Fast & Fearful

Australia’s current affairs program 4 Corners ran a story this week on Internet hackers which has backfired.

4 Corners reporter Andrew Fowler contends in the report that cybercrime is one rise, and may explode when Australia’s long-delayed National Broadband Network (NBN) launches sometime before December 21, 2012 or Skynet takes over the world’s computer networks. Fowler’s report is a mix of commentaries from victims of denial-of-service attacks and identity fraud; ethical hackers who are employed by companies to test their information systems security; vendors who provide virus protection software; and a jount investigation by the Australian Federal Police (AFP) and Victorian Police into a warez site for hackers.

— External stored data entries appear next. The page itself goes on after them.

-- ===== src/Packet/Build.antt =====
-- The messages that the program makes: `query`, `query_with_id` and `answer` with `add_answer`. The
-- random number of a query is an argument, and the hosts of an answer come in the order in which the
-- map is iterated.
use ddns.Prelude.{
  ℕ, ◌+◌, ◌%◌, ◌<◌, ◌^◌, ◌≡◌, refl, arith, true, false, List, [], ◌∷◌, ◌++◌, Option, some,
}
use ddns.Prelude.{length, length-append, All, All-append}
use ddns.Bytes.{ByteIo, IsByteIo, ok}
use ddns.Name.{Name}
use ddns.Name.Text.{IsName}
use ddns.Header.{header_default, flags_new-IsFlags}
use ddns.Endpoint.Defs.{EndpointAddr}
use ddns.Endpoint.Base.{IsEndpoint, wire}
use ddns.Question.Defs.{query_a, query_in}
use ddns.Record.Defs.{ResourceRecord, RecordType, type_e, Class, class_in, RData, rdata_e}
use ddns.Record.Data.{is_e}
use ddns.Record.RoundTrip.{IsRecord}
use ddns.Packet.Defs.{Packet, packet_default, add_question, to_bytes, be_packet}
use ddns.Packet.Sections.{IsPacket}
use ddns.Packet.RoundTrip.{be_packet-to_bytes}

abbrev set_query : Packet → Packet
set_query packet = record packet {
  header = record (packet.header) { flags = record (packet.header.flags) { query = true } };
}

unfoldable pub add_answer : Packet → Name → RecordType → Class → ℕ → RData → Packet
add_answer packet name rtype rclass ttl rdata =
    let response : ResourceRecord = record {
      name = name;
      typ = rtype;
      multicast_unique = false;
      cls = rclass;
      ttl = ttl;
      rdata = rdata;
    } in
    let packet = set_query packet in
    record packet {
      header = record (packet.header) {
        answers_count = (packet.header.answers_count + 1) % 2 ^ 16;
      };
      answers = packet.answers ++ (response ∷ []);
    }

unfoldable pub query : Name → Packet
query service_name = add_question packet_default service_name query_a query_in true

unfoldable pub query_with_id : ℕ → Name → Packet
query_with_id id service_name =
    let header = record header_default {
      id = id;
      flags = record (header_default.flags) { query = false };
    } in
    add_question (record packet_default { header = header }) service_name query_a query_in false

-- The two loops of `answer`.
unfoldable pub add_endpoints : Packet → Name → List EndpointAddr → Packet
add_endpoints packet name [] = packet
add_endpoints packet name (ep ∷ eps) =
    add_endpoints (add_answer packet name type_e class_in 300 (rdata_e ep)) name eps

unfoldable pub add_hosts : Packet → List (Name × List EndpointAddr) → Packet
add_hosts packet [] = packet
add_hosts packet ((name, eps) ∷ hosts) = add_hosts (add_endpoints packet name eps) hosts

unfoldable pub answer : ℕ → List (Name × List EndpointAddr) → Packet
answer id hosts =
    add_hosts (set_query (record packet_default { header = record header_default { id = id } }))
      hosts

-- The number of endpoints of all hosts.
unfoldable pub total : List (Name × List EndpointAddr) → ℕ
total [] = 0
total ((name, eps) ∷ hosts) = length eps + total hosts

-- Hosts whose names and endpoints can be written.
abbrev pub IsSent : (ℕ → Option ℕ) → EndpointAddr → Type 0
IsSent try_sequence ep = IsEndpoint try_sequence ep × (length (wire ep) < 2 ^ 16)

abbrev pub IsHost : (ℕ → Option ℕ) → Name × List EndpointAddr → Type 0
IsHost try_sequence (name, eps) = IsName name × All (IsSent try_sequence) eps

module _ {try_sequence : ℕ → Option ℕ} where
  add_answer-IsPacket :
      (p : Packet) (name : Name) (ep : EndpointAddr)
      → IsPacket try_sequence p
      → IsName name
      → IsSent try_sequence ep
      → length p.answers + 1 < 2 ^ 16
      → IsPacket try_sequence (add_answer p name type_e class_in 300 (rdata_e ep))
  unfolding add_answer
  add_answer-IsPacket p name ep valid named (sent, short) room =
      let header = valid.header_fits in
      let grown = length-append p.answers in
      record {
        header_fits = record {
          id_fits = header.id_fits;
          flags_fit = header.flags_fit;
          questions_fit = header.questions_fit;
          answers_fit = omega arith;
          nameservers_fit = header.nameservers_fit;
          additional_fit = header.additional_fit;
        };
        questions_counted = valid.questions_counted;
        answers_counted = rw (grown (_ ∷ [])) (omega (arith, valid.answers_counted, room));
        nameservers_counted = valid.nameservers_counted;
        additional_counted = valid.additional_counted;
        questions_named = valid.questions_named;
        answers_fit =
            All-append (IsRecord try_sequence) p.answers _ valid.answers_fit (
              record { named = named; ttl_fits = omega arith; rdata_fits = is_e ep sent short },
              tt,
            );
        nameservers_fit = valid.nameservers_fit;
        additional_fit = valid.additional_fit;
      }

  add_endpoints-IsPacket :
      (p : Packet) (name : Name) (eps : List EndpointAddr)
      → IsPacket try_sequence p
      → IsName name
      → All (IsSent try_sequence) eps
      → length p.answers + length eps < 2 ^ 16
      → IsPacket try_sequence (add_endpoints p name eps)
        × (length (add_endpoints p name eps).answers ≡ length p.answers + length eps)
  unfolding add_endpoints
  add_endpoints-IsPacket p name [] valid named h room = (valid, omega arith)
  add_endpoints-IsPacket p name (ep ∷ eps) valid named (h, hs) room =
      let next = add_answer-IsPacket p name ep valid named h (omega arith) in
      let one : length (add_answer p name type_e class_in 300 (rdata_e ep)).answers
          ≡ length p.answers + 1 =
        unfold add_answer in length-append p.answers (_ ∷ []) in
      let (rest, size) =
        add_endpoints-IsPacket (add_answer p name type_e class_in 300 (rdata_e ep)) name eps next
          named hs (omega (arith, one, room)) in
      (rest, omega (arith, size, one))

  add_hosts-IsPacket :
      (p : Packet) (hosts : List (Name × List EndpointAddr))
      → IsPacket try_sequence p
      → All (IsHost try_sequence) hosts
      → length p.answers + total hosts < 2 ^ 16
      → IsPacket try_sequence (add_hosts p hosts)
  unfolding add_hosts total
  add_hosts-IsPacket p [] valid h room = valid
  add_hosts-IsPacket p ((name, eps) ∷ hosts) valid ((named, sent), hs) room =
      let (next, size) = add_endpoints-IsPacket p name eps valid named sent (omega arith) in
      add_hosts-IsPacket (add_endpoints p name eps) hosts next hs (omega (arith, size, room))

  answer-IsPacket :
      (id : ℕ) (hosts : List (Name × List EndpointAddr))
      → id < 2 ^ 16
      → All (IsHost try_sequence) hosts
      → total hosts < 2 ^ 16
      → IsPacket try_sequence (answer id hosts)
  unfolding answer packet_default header_default
  answer-IsPacket id hosts small h room =
      add_hosts-IsPacket _ hosts
        (record {
          header_fits = record {
            id_fits = small;
            flags_fit = flags_new-IsFlags;
            questions_fit = omega arith;
            answers_fit = omega arith;
            nameservers_fit = omega arith;
            additional_fit = omega arith;
          };
          questions_counted = refl;
          answers_counted = refl;
          nameservers_counted = refl;
          additional_counted = refl;
          questions_named = tt;
          answers_fit = tt;
          nameservers_fit = tt;
          additional_fit = tt;
        })
        h (omega arith)

-- Through every byte interface that keeps its laws, what `to_bytes` writes for the message that `answer`
-- makes of an id and hosts is read by `be_packet` as that message. The id fits 16 bits, there are less
-- than 2 ^ 16 endpoints, the names can be written, and each endpoint is well formed and shorter than
-- 2 ^ 16 bytes, with the flow info and the scope of IPv6 addresses 0.
pub be_packet-answer :
    (io : ByteIo)
    → IsByteIo io
    → (try_sequence : ℕ → Option ℕ) (id : ℕ) (hosts : List (Name × List EndpointAddr)) → id < 2 ^ 16
    → All (IsHost try_sequence) hosts
    → total hosts < 2 ^ 16
    → (bs : List ℕ) × (to_bytes io (answer id hosts) ≡ some bs)
      × (be_packet io try_sequence bs ≡ ok ([], answer id hosts))
be_packet-answer io laws try_sequence id hosts small h room =
    be_packet-to_bytes io laws try_sequence (answer id hosts)
      (answer-IsPacket id hosts small h room)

Detective Superintendent Brian Hay of Queensland Police’s Fraud and Corporate Crime Squad sums up the report’s mood: “I expect to see at some stage in the future there will be a real debate on the future of the internet, should we turn it off?”

Over four years ago I looked at this area, as part of a research team on internet futures see the report‘s section ‘Chaos Rules’. The experts the tean interviewed had sometimes expressed similar thoughts to Hay. Despite the mention of NBN this was the same kind of report which could have been filmed in 2004 or 1999, as PBS Frontline did in 2003 in its Cyber War! report. The journalistic genre extends to the choice of edits, music and images to portray the vulnerability of the technologies.

Several other things struck me about Fowler’s 4 Corners report. Many of the sources had an interest in raising the threat levels of identity theft and denial-of-service attacks. The program’s case studies raised other potential sources — banks, customer service teams in financial intermediaries, and telecommunications infrastructure providers — which Fowler did not pursue. High-profile experts who might have a more informed and critical viewpoint, such as hacker Kevin Mitnick and security maven Bruce Schneier, were missing. Perhaps Fowler’s researchers did not have the leads or production budget. For me, the result was that whilst Fowler raised important issues about internet security, he also went for the low-hanging fruit and with a cliched editorial format.

Hackers retaliated and broke into AFP computers only 24 hours after Fowler’s report screened. The incident raises some further questions. Under what conditions is the short-term ‘publicity dividend’ of police cooperation in a journalist story worth the risk of a retaliatory tit-for-tat attack? To prevent unauthorised and external access, will police intelligence on the investigation (continue to) be kept on a secure computer with no online or network connections? Should a police team maintain a low-key, covert presence to monitor underground hacking sites, or instead alert site members as a deterrent? And, given this latest development, will Fowler’s team file a follow-up report?